# PROBLEM TO WORK ON
Using the records below, copy every line that holds the string "locked".

# ENTRIES PROVIDED
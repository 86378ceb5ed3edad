-- ===== src/OperationQueue.antt =====
-- components/home_io_control/operation_queue.{h,cpp}: the deque of pending operations as a list,
-- front first. A mutating method returns the new queue, with its `bool` where it has one.
pub mod Bands
pub mod Order
pub mod Polls
pub mod Unique
pub mod Superseded
pub mod Merge
mod Tests
use home_io_control_wio_b2b.Base.{
  ℕ, suc, Bool, true, false, not, ◌&&◌, ◌||◌, if◌then◌else◌, Option, none, some, List, [], ◌∷◌,
  ◌++◌,
}
use Prim.Native.String.{String}
use text.Mathlib.Text.{◌==◌ as str_eq}
use mathlib.Core.Option

abbrev pub binary_entity_on_position : ℕ
binary_entity_on_position = 0

abbrev pub binary_entity_off_position : ℕ
binary_entity_off_position = 100

-- `CoverCommand` of proto_device_model.h.
pub data CoverCommand : Type 0 where
  stop favorite vent force_open : CoverCommand

pub data PendingOperationType : Type 0 where
  set_position set_tilt set_position_and_tilt device_command : PendingOperationType
  set_light_state set_lock_state set_switch_state : PendingOperationType
  oneway_command oneway_position oneway_enroll oneway_unenroll : PendingOperationType
  request_status request_name discover_and_pair : PendingOperationType

pub record PendingOperation : Type 0 where
  pub type : PendingOperationType
  pub device_id : String
  pub position : ℕ
  pub tilt : ℕ
  pub command : CoverCommand

-- The comparisons of `op.type` with one enumerator.
pub is_request_status : PendingOperationType → Bool
is_request_status request_status = true
is_request_status _ = false

pub is_request_name : PendingOperationType → Bool
is_request_name request_name = true
is_request_name _ = false

pub is_discover_and_pair : PendingOperationType → Bool
is_discover_and_pair discover_and_pair = true
is_discover_and_pair _ = false

pub is_set_tilt : PendingOperationType → Bool
is_set_tilt set_tilt = true
is_set_tilt _ = false

pub is_set_position : PendingOperationType → Bool
is_set_position set_position = true
is_set_position _ = false

pub is_oneway : PendingOperationType → Bool
is_oneway oneway_command = true
is_oneway oneway_position = true
is_oneway oneway_enroll = true
is_oneway oneway_unenroll = true
is_oneway _ = false

abbrev pub is_background_op : PendingOperationType → Bool
is_background_op t = is_request_status t || is_request_name t

abbrev pub addresses_a_device : PendingOperationType → Bool
addresses_a_device t = not (is_oneway t)

-- The braces of `PendingOperation`, with its default members.
abbrev pub pending : PendingOperationType → String → ℕ → PendingOperation
pending t id position = record {
  type = t;
  device_id = id;
  position = position;
  tilt = 0;
  command = stop;
}

abbrev pub Queue : Type 0
Queue = List PendingOperation

-- `std::remove_if` for the polls of one device.
pub remove_polls : String → Queue → Queue
remove_polls id [] = []
remove_polls id (x ∷ xs) =
    if is_request_status x.type && str_eq x.device_id id
    then remove_polls id xs
    else x ∷ remove_polls id xs

-- `std::find_if` for the first background entry, and `insert` in front of it.
pub insert_control : PendingOperation → Queue → Queue
insert_control op [] = op ∷ []
insert_control op (x ∷ xs) =
    if is_background_op x.type then op ∷ x ∷ xs else x ∷ insert_control op xs

pub push_control : PendingOperation → Queue → Queue
push_control op q =
    insert_control op (if addresses_a_device op.type then remove_polls op.device_id q else q)

-- The loop of `enqueue_set_position`: the first pending tilt of the device, if there is one, takes
-- the position in.
pub merge_position : String → ℕ → Queue → Option Queue
merge_position id position [] = none
merge_position id position (x ∷ xs) =
    if is_set_tilt x.type && str_eq x.device_id id
    then some
        (record x { type = set_position_and_tilt; position = position; tilt = x.position } ∷ xs)
    else Option.map (◌∷◌ x) (merge_position id position xs)

-- The loop of `enqueue_set_tilt`.
pub merge_tilt : String → ℕ → Queue → Option Queue
merge_tilt id tilt_percent [] = none
merge_tilt id tilt_percent (x ∷ xs) =
    if is_set_position x.type && str_eq x.device_id id
    then some (record x { type = set_position_and_tilt; tilt = tilt_percent } ∷ xs)
    else Option.map (◌∷◌ x) (merge_tilt id tilt_percent xs)

-- `true` if the operation was merged into a pending one.
abbrev pub merged_or : Option Queue → Queue → Queue × Bool
merged_or none q = (q, false)
merged_or (some q') q = (q', true)

pub enqueue_set_position : String → ℕ → Queue → Queue × Bool
enqueue_set_position id position q =
    merged_or (merge_position id position q) (push_control (pending set_position id position) q)

pub enqueue_set_tilt : String → ℕ → Queue → Queue × Bool
enqueue_set_tilt id tilt_percent q =
    merged_or (merge_tilt id tilt_percent q) (push_control (pending set_tilt id tilt_percent) q)

pub enqueue_set_position_and_tilt : String → ℕ → ℕ → Queue → Queue
enqueue_set_position_and_tilt id position tilt_percent q =
    push_control (record (pending set_position_and_tilt id position) { tilt = tilt_percent }) q

pub enqueue_device_command : String → CoverCommand → Queue → Queue
enqueue_device_command id cmd q =
    push_control (record (pending device_command id 0) { command = cmd }) q

pub enqueue_oneway_command : String → CoverCommand → Queue → Queue
enqueue_oneway_command id cmd q =
    push_control (record (pending oneway_command id 0) { command = cmd }) q

pub enqueue_oneway_position : String → ℕ → Queue → Queue
enqueue_oneway_position id position q = push_control (pending oneway_position id position) q

pub enqueue_oneway_enroll : String → Queue → Queue
enqueue_oneway_enroll id q = push_control (pending oneway_enroll id 0) q

pub enqueue_oneway_unenroll : String → Queue → Queue
enqueue_oneway_unenroll id q = push_control (pending oneway_unenroll id 0) q

pub enqueue_set_light_position : String → ℕ → Queue → Queue
enqueue_set_light_position id position q = push_control (pending set_light_state id position) q

abbrev pub on_off : Bool → ℕ
on_off on = if on then binary_entity_on_position else binary_entity_off_position

pub enqueue_set_light_state : String → Bool → Queue → Queue
enqueue_set_light_state id on q = enqueue_set_light_position id (on_off on) q

pub enqueue_set_lock_state : String → Bool → Queue → Queue
enqueue_set_lock_state id locked q =
    push_control
      (pending set_lock_state id
        (if locked then binary_entity_off_position else binary_entity_on_position))
      q

pub enqueue_set_switch_state : String → Bool → Queue → Queue
enqueue_set_switch_state id on q = push_control (pending set_switch_state id (on_off on)) q

-- The duplicate tests of the polls and of pairing.
pub has_status : String → Queue → Bool
has_status id [] = false
has_status id (x ∷ xs) = is_request_status x.type && str_eq x.device_id id || has_status id xs

pub has_name : String → Queue → Bool
has_name id [] = false
has_name id (x ∷ xs) = is_request_name x.type && str_eq x.device_id id || has_name id xs

pub has_discover : Queue → Bool
has_discover [] = false
has_discover (x ∷ xs) = is_discover_and_pair x.type || has_discover xs

abbrev pub push_back : PendingOperation → Queue → Queue
push_back op q = q ++ (op ∷ [])

pub enqueue_request_status : String → Queue → Queue × Bool
enqueue_request_status id q =
    if has_status id q then (q, false) else (push_back (pending request_status id 0) q, true)

pub enqueue_request_name : String → Queue → Queue × Bool
enqueue_request_name id q =
    if has_name id q then (q, false) else (push_back (pending request_name id 0) q, true)

-- `std::remove_if` for all polls.
pub remove_background : Queue → Queue
remove_background [] = []
remove_background (x ∷ xs) =
    if is_background_op x.type then remove_background xs else x ∷ remove_background xs

pub enqueue_discover_and_pair : Queue → Queue × Bool
enqueue_discover_and_pair q =
    if has_discover q
    then (q, false)
    else (pending discover_and_pair "" 0 ∷ remove_background q, true)

pub pop : Queue → Option (PendingOperation × Queue)
pop [] = none
pop (op ∷ q) = some (op, q)
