-- ===== src/Decisions.antt =====
-- components/home_io_control/hub_decisions.h: the pure decisions of the hub. Times are `millis()`,
-- on 32 bits, and their differences are unsigned.
pub mod Timing
pub mod Exchange
mod Tests
use home_io_control_wio_b2b.Base.{
  ℕ, Bool, true, false, not, ◌&&◌, ◌||◌, ◌==◌, ltb, leb, if◌then◌else◌, sub32,
}
use Prim.Native.String.{String}
use text.Mathlib.Text.{◌==◌ as str_eq}
use home_io_control_wio_b2b.Frame.{NodeId, IoFrame, node_eq, hmac_size}

abbrev pub cmd_execute : ℕ
cmd_execute = 0x00

abbrev pub cmd_discover_resp : ℕ
cmd_discover_resp = 0x29

abbrev pub cmd_challenge_req : ℕ
cmd_challenge_req = 0x3c

abbrev pub cmd_challenge_resp : ℕ
cmd_challenge_resp = 0x3d

-- `ExchangeFirstResponseDisposition`.
pub data FirstResponse : Type 0 where
  ignore_unrelated complete_direct require_auth : FirstResponse

-- `ExchangeFinalResponseDisposition`.
pub data FinalResponse : Type 0 where
  ignore_other accept_final : FinalResponse

-- `PairingDiscoveryDisposition`.
pub data Discovery : Type 0 where
  no_response invalid accept_discovery : Discovery

-- `PairingKeyChallengeDisposition`.
pub data KeyChallenge : Type 0 where
  ignore_challenge accept_challenge : KeyChallenge

unfoldable pub is_exchange_internal_command : ℕ → Bool
is_exchange_internal_command cmd = cmd == cmd_challenge_req || cmd == cmd_challenge_resp

unfoldable pub frame_matches_nodes : IoFrame → NodeId → NodeId → Bool
frame_matches_nodes frame expected_src expected_dst =
    node_eq frame.src expected_src && node_eq frame.dst expected_dst

unfoldable pub frame_matches_exchange_endpoints : IoFrame → IoFrame → Bool
frame_matches_exchange_endpoints request candidate =
    frame_matches_nodes candidate request.dst request.src

unfoldable pub classify_exchange_first_response : IoFrame → IoFrame → FirstResponse
classify_exchange_first_response request candidate =
    if not (frame_matches_exchange_endpoints request candidate)
    then ignore_unrelated
    else if candidate.cmd == cmd_challenge_req
    then require_auth
    else complete_direct

unfoldable pub classify_exchange_final_response : IoFrame → IoFrame → FinalResponse
classify_exchange_final_response request candidate =
    if frame_matches_exchange_endpoints request candidate then accept_final else ignore_other

unfoldable pub retry_after_unconfirmed_accept_is_safe : ℕ → Bool
retry_after_unconfirmed_accept_is_safe cmd = not (cmd == cmd_execute)

unfoldable pub classify_pairing_discovery_response : IoFrame → NodeId → Discovery
classify_pairing_discovery_response candidate controller_id =
    if candidate.cmd == cmd_discover_resp && node_eq candidate.dst controller_id
    then accept_discovery
    else invalid

unfoldable pub classify_pairing_key_challenge : IoFrame → NodeId → NodeId → KeyChallenge
classify_pairing_key_challenge candidate device_id controller_id =
    if candidate.cmd == cmd_challenge_req
      && candidate.data_len == hmac_size
      && frame_matches_nodes candidate device_id controller_id
    then accept_challenge
    else ignore_challenge

pub record OneWayDedupState : Type 0 where
  pub src_id : String
  pub cmd : ℕ
  pub has_intent : Bool
  pub main0 : ℕ
  pub main1 : ℕ
  pub timestamp : ℕ

-- `!=` on `bool`.
abbrev pub differ : Bool → Bool → Bool
differ true b = not b
differ false b = b

unfoldable pub is_duplicate_1w_frame : OneWayDedupState → OneWayDedupState → ℕ → Bool
is_duplicate_1w_frame last incoming window_ms =
    if not (str_eq last.src_id incoming.src_id)
      || not (last.cmd == incoming.cmd)
      || differ last.has_intent incoming.has_intent
    then false
    else if incoming.has_intent
        && (not (last.main0 == incoming.main0) || not (last.main1 == incoming.main1))
    then false
    else ltb (sub32 incoming.timestamp last.timestamp) window_ms

unfoldable pub defer_background_poll_for_1w_activity : Bool → ℕ → ℕ → ℕ → ℕ → ℕ → Bool
defer_background_poll_for_1w_activity next_op_is_background first_1w_activity_ms last_1w_activity_ms
      now quiet_ms max_defer_ms =
    if not next_op_is_background || last_1w_activity_ms == 0
    then false
    else if leb max_defer_ms (sub32 now first_1w_activity_ms)
    then false
    else ltb (sub32 now last_1w_activity_ms) quiet_ms

unfoldable pub oneway_burst_started_fresh : ℕ → ℕ → ℕ → Bool
oneway_burst_started_fresh last_1w_activity_ms now quiet_ms =
    last_1w_activity_ms == 0 || leb quiet_ms (sub32 now last_1w_activity_ms)
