-- ===== src/Headers/Rbsp.antt =====
-- From the calls of a header to the bytes that it puts out: what a receiver decodes from them, and
-- how many they are.
use display_bridge.Prelude.{
  ℕ, suc, ◌+◌, ◌*◌, ◌≤◌, ◌<◌, ◌≡◌, ap, subst, arith, Option, some, List, [], ◌∷◌, ◌++◌, All, length,
  length-append, length-replicate, replicate, map,
}
use display_bridge.Bitstream.{Writer, ◌>>◌, init, trailing_bits, bytes_written}
use display_bridge.Bitstream.View.{bytes_bits, IsByte, Emits, Yields, length-bytes_bits}
use display_bridge.Bitstream.Emit.{Yields-then}
use display_bridge.Bitstream.Syntax.{Elem, kind, InRange, encode, decode, decode-encode}
use display_bridge.Bitstream.Trailing.{
  init-Written, length-init, trailing_bits-Yields, padding, payload, payload_lem,
}
use display_bridge.Nal.{add_emulation_prevention}
use display_bridge.Nal.Escape.{
  unescape, unescape-add_emulation_prevention, length-add_emulation_prevention,
}
use display_bridge.Headers.{rbsp}

-- `r` is a NAL unit body that holds exactly the elements `es`: with the inserted bytes dropped, the
-- descriptors of `es` find `es`, and only the stop bit and the padding follow.
pub record Carries (es : List Elem) (r : Option (List ℕ)) : Type 0 where
  pub bytes : List ℕ
  pub returns : r ≡ some bytes
  pub content :
      bytes_bits (unescape bytes) ≡ encode es ++ (1 ∷ replicate (padding (length (encode es))) 0)
  pub decodes :
      decode (map kind es) (bytes_bits (unescape bytes))
      ≡ some (es, 1 ∷ replicate (padding (length (encode es))) 0)
  pub not_longer : 16 * length bytes ≤ 3 * length (encode es) + 24

module _ (n : ℕ) (body : Writer) (es : List Elem) (emits : Emits body (encode es))
    (fits : length (encode es) + 8 < 8 * suc n) where
  abbrev closed : List ℕ
  closed = encode es ++ (1 ∷ replicate (padding (length (encode es))) 0)

  closed-Yields : Yields ((body >> trailing_bits) (init (suc n))) (suc n) closed
  closed-Yields = Yields-then body trailing_bits (init (suc n)) first second
    where
      first : Yields (body (init (suc n))) (suc n) (encode es)
      first =
          subst (λ c. Yields (body (init (suc n))) c (encode es)) (length-init (suc n))
            (emits (init (suc n)) [] (init-Written n) (rw (length-init (suc n)) (omega arith)))

      second : Yields (trailing_bits first.result) (suc n) closed
      second =
          subst (λ c. Yields (trailing_bits first.result) c closed) first.same_size
            (trailing_bits-Yields first.result (encode es) first.holds (rw first.same_size fits))

  pub rbsp-Carries : All InRange es → Carries es (rbsp (suc n) body)
  unfolding rbsp
  rbsp-Carries ranges = record {
    bytes = add_emulation_prevention raw;
    returns = rw closed-Yields.returns;
    content = rw (unescape-add_emulation_prevention raw) holds.0;
    decodes =
        rw (unescape-add_emulation_prevention raw, holds.0)
          (decode-encode es (1 ∷ replicate (padding (length (encode es))) 0) ranges);
    not_longer = omega (
      arith,
      length-add_emulation_prevention raw,
      length-bytes_bits raw,
      ap length holds.0,
      length_closed,
    );
  }
    where
      raw : List ℕ
      raw = payload closed-Yields.result

      length_closed : length closed ≡ length (encode es) + 1 + padding (length (encode es))
      length_closed = omega (
        arith,
        length-append (encode es) (1 ∷ replicate (padding (length (encode es))) 0),
        length-replicate {A = ℕ} (padding (length (encode es))) 0,
      )

      holds :
          (bytes_bits raw ≡ closed)
          × All IsByte raw
          × (8 * bytes_written closed-Yields.result ≡ length closed)
      holds = payload_lem closed-Yields.holds (omega (arith, length_closed))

# OUTPUT BELOW
enqueue_set_lock_state id locked q =
        (if locked then binary_entity_off_position else binary_entity_on_position))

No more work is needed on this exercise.